PROMPT:
Below are records; reproduce exactly the lines from the one that has "(leaf_hash sha256 e)" through the one that has "-- After an", ends included, and nothing more.

INPUT DATA Start Marker

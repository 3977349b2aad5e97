-- ===== src/Merkle/Log.antt =====
-- `Log` of blindrange/merkle.py: the entries and their leaf hashes, side by side.
use blindrange.Prelude.{
  ℕ, zero, suc, ◌-◌, ◌≡◌, refl, sym, ap, ◌∙◌, List, [], ◌∷◌, ◌++◌, map, length, length-append,
  get_elem?, some, true, ok, Result, arith,
}
use blindrange.Merkle.{Bytes, leaf_hash, root, inclusion_proof, verify_inclusion}
use blindrange.Merkle.Inclusion.{inclusion_complete}

pub record Log : Type 0 where
  pub entries : List Bytes
  pub hashes : List Bytes

module _ (sha256 : Bytes → Bytes) where
  unfoldable pub init : List Bytes → Log
  init entries = record { entries = entries; hashes = map (leaf_hash sha256) entries }

  -- The new log, and the place of the entry.
  unfoldable pub append : Bytes → Log → Log × ℕ
  append entry log =
      let log' : Log = record {
        entries = log.entries ++ entry ∷ [];
        hashes = log.hashes ++ leaf_hash sha256 entry ∷ [];
      } in
      (log', length (log.entries ++ entry ∷ []) - 1)

  unfoldable pub log_root : Log → Bytes
  log_root log = root sha256 log.hashes

  unfoldable pub inclusion : Log → ℕ → Result (List Bytes)
  inclusion log m = inclusion_proof sha256 log.hashes m

  -- The hashes are those of the entries.
  pub record IsValid (log : Log) : Type 0 where
    pub hashed : log.hashes ≡ map (leaf_hash sha256) log.entries

  -- The log's own proof for the entry at a place is accepted against the log's head.
  abbrev pub Proves : Log → ℕ → Bytes → Type 0
  Proves log m entry =
      (proof : List Bytes) × (inclusion log m ≡ ok proof)
      × (verify_inclusion sha256 (leaf_hash sha256 entry) m (length log.entries) proof
            (log_root log)
          ≡ true)

  map-append_one :
      (xs : List Bytes) (x : Bytes)
      → map (leaf_hash sha256) (xs ++ x ∷ []) ≡ map (leaf_hash sha256) xs ++ leaf_hash sha256 x ∷ []
  map-append_one [] x = refl
  map-append_one (y ∷ xs) x = ap (◌∷◌ (leaf_hash sha256 y)) (map-append_one xs x)

  length-hashes : (xs : List Bytes) → length (map (leaf_hash sha256) xs) ≡ length xs
  length-hashes [] = refl
  length-hashes (x ∷ xs) = ap suc (length-hashes xs)

  get-hashes :
      (m : ℕ) (xs : List Bytes) (e : Bytes)
      → get_elem? xs m ≡ some e
      → get_elem? (map (leaf_hash sha256) xs) m ≡ some (leaf_hash sha256 e)
  get-hashes m [] e h = cc
  get-hashes zero (x ∷ xs) e h = cc
  get-hashes (suc m) (x ∷ xs) e h = get-hashes m xs e h

  proves :
      (log : Log) (m : ℕ) (entry : Bytes)
      → IsValid log
      → get_elem? log.entries m ≡ some entry
      → Proves log m entry
  unfolding inclusion log_root
  proves log m entry v h =
      rw (v.hashed, ← length-hashes log.entries)
        (inclusion_complete sha256 (map (leaf_hash sha256) log.entries) m (leaf_hash sha256 entry)
          (get-hashes m log.entries entry h))

  get-append_last : (xs : List Bytes) (e : Bytes) → get_elem? (xs ++ e ∷ []) (length xs) ≡ some e
  get-append_last [] e = refl
  get-append_last (x ∷ xs) e = get-append_last xs e

  get-append :
      (m : ℕ) (xs : List Bytes) (e x : Bytes)
      → get_elem? xs m ≡ some x
      → get_elem? (xs ++ e ∷ []) m ≡ some x
  get-append m [] e x h = cc
  get-append zero (y ∷ xs) e x h = h
  get-append (suc m) (y ∷ xs) e x h = get-append m xs e x h

  append-IsValid : (entry : Bytes) (log : Log) → IsValid log → IsValid (append entry log).0
  unfolding append
  append-IsValid entry log v = record {
    hashed =
        ap (λ hs. hs ++ leaf_hash sha256 entry ∷ []) v.hashed
        ∙ sym (map-append_one log.entries entry);
  }

  -- The log proves each entry of a list at the place where it stands there.
  abbrev pub ProvesAll : List Bytes → Log → Type 0
  ProvesAll entries log =
      (m : ℕ) (entry : Bytes) → get_elem? entries m ≡ some entry → Proves log m entry

  -- After an append to a log whose hashes are those of its entries, the first append included, they
  -- still are; the entries are the old ones and the new one; and the log proves the new entry at the
  -- place that the append returned, which is the last, and each older one at its place.
  pub append-Proves :
      (entry : Bytes) (log : Log)
      → IsValid log
      → IsValid (append entry log).0
        × ((append entry log).0.entries ≡ log.entries ++ entry ∷ [])
        × ((append entry log).1 ≡ length log.entries)
        × Proves (append entry log).0 (append entry log).1 entry
        × ProvesAll log.entries (append entry log).0
  unfolding append
  append-Proves entry log v =
      let v' = append-IsValid entry log v in
      let place : length (log.entries ++ entry ∷ []) - 1 ≡ length log.entries =
        omega (arith, length-append log.entries (entry ∷ [])) in
      (
        v',
        refl,
        place,
        proves (append entry log).0 (append entry log).1 entry v'
            (rw place (get-append_last log.entries entry)),
        λ m old h. proves (append entry log).0 m old v' (get-append m log.entries entry old h),
      )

INPUT DATA End Marker

RESPONSE AREA:
      → get_elem? (map (leaf_hash sha256) xs) m ≡ some (leaf_hash sha256 e)
  get-hashes m [] e h = cc
  get-hashes zero (x ∷ xs) e h = cc
  get-hashes (suc m) (x ∷ xs) e h = get-hashes m xs e h

  proves :
      (log : Log) (m : ℕ) (entry : Bytes)
      → IsValid log
      → get_elem? log.entries m ≡ some entry
      → Proves log m entry
  unfolding inclusion log_root
  proves log m entry v h =
      rw (v.hashed, ← length-hashes log.entries)
        (inclusion_complete sha256 (map (leaf_hash sha256) log.entries) m (leaf_hash sha256 entry)
          (get-hashes m log.entries entry h))

  get-append_last : (xs : List Bytes) (e : Bytes) → get_elem? (xs ++ e ∷ []) (length xs) ≡ some e
  get-append_last [] e = refl
  get-append_last (x ∷ xs) e = get-append_last xs e

  get-append :
      (m : ℕ) (xs : List Bytes) (e x : Bytes)
      → get_elem? xs m ≡ some x
      → get_elem? (xs ++ e ∷ []) m ≡ some x
  get-append m [] e x h = cc
  get-append zero (y ∷ xs) e x h = h
  get-append (suc m) (y ∷ xs) e x h = get-append m xs e x h

  append-IsValid : (entry : Bytes) (log : Log) → IsValid log → IsValid (append entry log).0
  unfolding append
  append-IsValid entry log v = record {
    hashed =
        ap (λ hs. hs ++ leaf_hash sha256 entry ∷ []) v.hashed
        ∙ sym (map-append_one log.entries entry);
  }

  -- The log proves each entry of a list at the place where it stands there.
  abbrev pub ProvesAll : List Bytes → Log → Type 0
  ProvesAll entries log =
      (m : ℕ) (entry : Bytes) → get_elem? entries m ≡ some entry → Proves log m entry

  -- After an append to a log whose hashes are those of its entries, the first append included, they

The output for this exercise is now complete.